Just because one environment appears to be 0 it doesn't mean others won't. Back in the old days the El Torrito specification suggested the default segment used to transfer control to a bootloader was 0x07c0 (and not 0x0000). In some versions of Bochs if you boot as a floppy or hard drive the segment is 0x0000 and if you boot from a CD-ROM it is 0x07c0. There are real world BIOSes (usually much older ones) where the segment may not be zero.

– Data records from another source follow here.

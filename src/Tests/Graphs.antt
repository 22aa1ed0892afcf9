-- ===== src/Tests/Graphs.antt =====
-- A small call graph, and the count of its loops.
use mathlib.Core.List.Memᴰ
use dingo_hunter.Prelude.{
  ℕ, string_eq, zero, suc, ◌≡◌, refl, ◌↔◌, ◌⊎◌, inl, inr, false, none, some, Option, List, [], ◌∷◌,
  Memᴰ, arith, IsDistinct, All, subst,
}
use dingo_hunter.CallGraph.{CallNode, Outcome, done, Program, build, traverse}
use dingo_hunter.CallGraph
use dingo_hunter.CallGraph.Blocks.{Jumps, Calls, Reach, IsClosed}
use dingo_hunter.CallGraph.Complete.{IsShallow, build_lem}
use dingo_hunter.Fairness.{
  bin_op, computed, other_cond, un_op_instr, BasicBlock, FairnessAnalysis, new_fairness_analysis,
  check, if_instr, phi, is_likely_unsafe,
}
use dingo_hunter.Fairness.Counts.{Counted, sum_lengths, check_counts}
use dingo_hunter.Fairness.Returns.{IsWellFormed, BeginsWithReceive}
use dingo_hunter.Fairness.Loops.{BranchesFairly, HasIndex, is_likely_unsafe_iff}

-- main: `for { go worker() }`; and a worker that calls main.
abbrev code : ℕ → List CallGraph.Instr
code zero = CallGraph.jump 1 ∷ []
code (suc zero) = CallGraph.branch 0 2 ∷ CallGraph.go (some 1) ∷ []
code (suc (suc zero)) = CallGraph.ret ∷ []
code (suc (suc (suc zero))) = CallGraph.call (some 0) ∷ []
code (suc (suc (suc (suc x)))) = []

abbrev bodies : ℕ → Option ℕ
bodies zero = some 0
bodies (suc zero) = some 3
bodies (suc (suc f)) = none

abbrev spawner : Program
spawner = record { instrs = code; entry = bodies }

only : (i j : CallGraph.Instr) (y : ℕ) → Memᴰ i (j ∷ []) → Jumps i y → Jumps j y
only i j y at jumps = subst (λ k. Jumps k y) (Memᴰ.eq_of_singleton at) jumps

spawner-IsClosed : IsClosed spawner 4
spawner-IsClosed zero y lt (i, at, jumps) =
    let target = only i (CallGraph.jump 1) y at jumps in omega arith
spawner-IsClosed (suc zero) y lt (i, at, jumps) = elim (Memᴰ.cases_cons at) [
  | inl same ↦ elim (subst (λ k. Jumps k y) same jumps) [
    | inl e ↦ omega arith
    | inr e ↦ omega arith
  ]
  | inr later ↦ absurd (only i (CallGraph.go (some 1)) y later jumps)
]
spawner-IsClosed (suc (suc zero)) y lt (i, at, jumps) = absurd (only i CallGraph.ret y at jumps)
spawner-IsClosed (suc (suc (suc zero))) y lt (i, at, jumps) =
    absurd (only i (CallGraph.call (some 0)) y at jumps)
spawner-IsClosed (suc (suc (suc (suc x)))) y lt (i, at, jumps) = absurd (Memᴰ.not-nil at)

build_example :
    (g : CallNode) × (build spawner 5 0 ≡ done g)
    × IsShallow g
    × IsDistinct (traverse g)
    × ((f : ℕ)
        → Memᴰ f (traverse g) ↔ ((f ≡ 0) ⊎ ((x : ℕ) × Reach spawner 0 x × Calls spawner x f)))
build_example = build_lem spawner 0 0 4 5 refl (omega arith) spawner-IsClosed (omega arith)

-- The header of `for i := 0; i < n; i++`.
abbrev header : BasicBlock
header = record {
  index = 1;
  comment = "for.loop";
  instrs = phi "i" ∷ if_instr (bin_op computed computed) ∷ [];
  succs = 2 ∷ 3 ∷ [];
}

header-IsWellFormed : IsWellFormed header
header-IsWellFormed = record {
  branches = λ cond e. (2, 3, [], refl);
  jumps = λ e. (2, 3 ∷ [], refl);
}

-- The header of `for v := range ch { sum += v }` begins with the phi of the sum.
abbrev summing : BasicBlock
summing = record {
  index = 2;
  comment = "rangechan.loop";
  instrs = phi "sum" ∷ un_op_instr [] ∷ if_instr other_cond ∷ [];
  succs = 3 ∷ 4 ∷ [];
}

summing-IsWellFormed : IsWellFormed summing
summing-IsWellFormed = record {
  branches = λ cond e. (3, 4, [], refl);
  jumps = λ e. (3, 4 ∷ [], refl);
}

abbrev two_headers : List (List BasicBlock)
two_headers = (header ∷ summing ∷ []) ∷ []

check_counts_example :
    (All (All BeginsWithReceive) two_headers
      ↔ ((fa' : FairnessAnalysis) × (check two_headers new_fairness_analysis ≡ some fa')))
    × ((fa' : FairnessAnalysis)
        → check two_headers new_fairness_analysis ≡ some fa'
        → Counted (sum_lengths two_headers) new_fairness_analysis fa')
check_counts_example =
    check_counts two_headers ((header-IsWellFormed, (summing-IsWellFormed, tt)), tt)
      ((((λ e. absurd (omega arith)), tt), (tt, tt)), tt) new_fairness_analysis

is_likely_unsafe_iff_example :
    (is_likely_unsafe header ≡ false) ↔ (All BranchesFairly header.instrs × HasIndex header.instrs)
is_likely_unsafe_iff_example = is_likely_unsafe_iff header
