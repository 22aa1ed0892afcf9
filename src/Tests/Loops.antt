-- ===== src/Tests/Loops.antt =====
-- The loops of migoextract at concrete headers.
use dingo_hunter.Prelude.{◌≡◌, refl, true, false, some, [], ◌∷◌}
use dingo_hunter.Migo.Int64.{int, neg}
use dingo_hunter.Migo.Loop.{
  Loop, unsupported, enter, unknown, new_loop, static, lss, gtr, plus, visit_bin_op, has_next,
  Position, cond_on_enter, bound_at, is_enter, set_cond,
}
use dingo_hunter.Migo.Loop.Unroll.{descending_stops}
use dingo_hunter.Migo.Loop.Rounds.{header}

-- The loop at its header, before that is visited.
abbrev entered : Loop
unfolding new_loop
entered = new_loop 3

-- The header of `for i := 0; i < 5; i += 2`.
abbrev up_header : Loop → Loop
up_header = header 1 (some (int 0)) (plus (some (int 2))) 2 lss (some (int 5))

-- It stands in the body of another loop.
abbrev at_header : Position
at_header = record { loop = entered; stack = entered ∷ [] }

-- The header of `for i := 0; i < 5; i = f(i)`.
abbrev still : Loop → Loop
still = header 1 (some (int 0)) unsupported 2 lss (some (int 5))

-- `for i := 10; i > 0; i--`, whose phi was visited.
abbrev down : Loop
down = record entered { index_var = some 1; start = int 10; index = int 10; step = neg (int 1) }

down-state : down.state ≡ enter
unfolding new_loop
down-state = refl

down-bound : down.bound ≡ unknown
unfolding new_loop
down-bound = refl

down_is_static : (visit_bin_op 2 gtr true (some (int 0)) down).bound ≡ static
unfolding visit_bin_op is_enter cond_on_enter bound_at set_cond new_loop
down_is_static = refl

descending_stops_example :
    has_next (record (visit_bin_op 2 gtr true (some (int 0)) down) { index = int 10 }) ≡ false
descending_stops_example =
    descending_stops 2 gtr true (int 0) (int 1) (int 10) down down-state down-bound refl
      down_is_static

Although 0x07c0:0x0000 and 0x0000:0x7c00 point to the same physical address there are situations where a bootloader can be written in such a way that the code may fail depending on the segment used. I wrote about such situation in this Stackoverflow Question/Answer. Effectively you can write your code to avoid the rarer situations where the actual value of CS matters or you can have your bootloader do a FAR JMP to set explicitly set CS. The worst thing you can do is copy the value of CS to DS,ES etc. I don't ever recommend doing this without a FAR JMP preceding it:

Code: Select all

mov ax, cs
mov ds, ax
mov es, ax 

If you do this then you propagate a potentially unwanted value from CS to the other segments (especially DS).

[Octocontrabass]

The way this would actually be written in the source code would depend on the assembler, and never to my knowledge having sought to do it I don't know how to. Instinctively, however, it might have to be written jmp []+0x1234

In NASM syntax, it's the same as any other effective address on any other instruction:

Code: Select all

mov ax, [0x1234]
jmp [0x1234]

I would expect other assemblers to also accept their usual syntax for effective addresses.

[MichaelFarthing]

I was thinking in Intel manual at the time, where for some reason the displacement is written outside the square brackets.